Jak coś ładnie wygląda i jest przyjemnie dla oka zapakowane, to prawie na pewno znajdzie się na niego kupiec – szczególnie w supermarketach, gdzie trafiają produkty bardzo różnej jakości.
Co innego na opakowaniu, a co innego w środku?
Wielu z nas wciąż, mimo szerzenia w mediach wiedzy na temat czytania etykiet, wybiera do jedzenia to, co wygląda apetycznie, niekoniecznie patrząc na skład. To duży błąd, bo tylko etykieta produktu może dać nam odpowiedź na pytanie, czy dany jogurt, serek czy pasztet jest wartościowy i warto go kupić.
Zebrałyśmy kilka produktów żywieniowych, których nie warto kupować w supermarketach. Dlaczego? Powody są różne: produkty te są niezdrowe (chociaż pozornie wydaje się, że są), niehigieniczne lub… oszukane, bo w ich opakowaniach znajduje się coś zupełnie innego niż powinno. Nie dajcie się nabrać!

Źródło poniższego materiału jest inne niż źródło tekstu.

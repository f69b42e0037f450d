-- ===== src/Server.antt =====
-- server/rbac and server/cursorstore: who may read which scope, and the handles of long cursors.
pub mod Rbac
pub mod Handles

Zobacz inne ciekawostki na Polki.pl
1. Jedzenie z dodatkiem owoców.
Słodkie bułeczki z truskawkowym nadzieniem, malinowe jogurty i inne "pyszności" tylko ładnie wyglądają. Tak naprawdę w ich środku nie znajdziemy pełnych, prawdziwych owoców. Takie produkty muszą bowiem był łatwe w produkcji i sprzedaży, co sprawia, że są zazwyczaj po brzegi wypchane konserwantami, wypełniaczami i sztucznymi dodatkami smakowymi. Zresztą wystarczy spojrzeć na ich etykiety: najczęściej producenci szczerze piszą, że owoce w ich wyrobach to ledwie kilka procent całości...
2. Mielone przyprawy.
Dlaczego mielone? Z prostego powodu: łatwo wymieszać je z innymi, tańszymi dodatkami. Zastanawialiście się kiedyś, dlaczego kupiony przez was pieprz jest tak słaby i nieostry? No właśnie. Najlepiej kupować przyprawy w całości i samodzielnie mielić je w młynku.
3. Pieczywo.
Bułki i chleby z supermarketów są na ogół wypiekane z chemicznie wybielanej mąki (może być dłużej przechowywana i nie jest tak podatna na insekty). Zawierają też mnóstwo niepotrzebnych i często niezdrowych dodatków. Pieczywo lepiej więc kupujmy w piekarniach!
4. Majonez.
Niektóre rzeczy lepiej po prostu zrobić samemu - tak jak majonez, do którego przygotowania potrzebujemy zaledwie kilku składników. Ten sklepowy nie jest ani zdrowy, ani (wbrew wielu etykietom!) niskokaloryczny...
5. Myta sałata.
Coraz więcej firm oferuje w sprzedaży sałaty, które są już umyte i gotowe do spożycia. Tymczasem, jak zbadano, na wielu z nich obecne są bakterie. Lepiej więc kupić zwykłą sałatę i umyć ją w domu lub też ponownie umyć tę, która podobno już została oczyszczona. Tak dla własnego bezpieczeństwa.
6. Kiełbasy.
Wiecie, że to nie cukier ze słodyczy, lecz przetworzone mięso wywołuje cukrzycę? Kupne wędliny czy kiełbasy to też najkrótsza droga do nowotworów, szczególnie raka jelita grubego. Co lepiej zrobić? To proste: kupić kawałek mięsa w całości i samodzielnie go przyrządzić, np. upiec lub udusić.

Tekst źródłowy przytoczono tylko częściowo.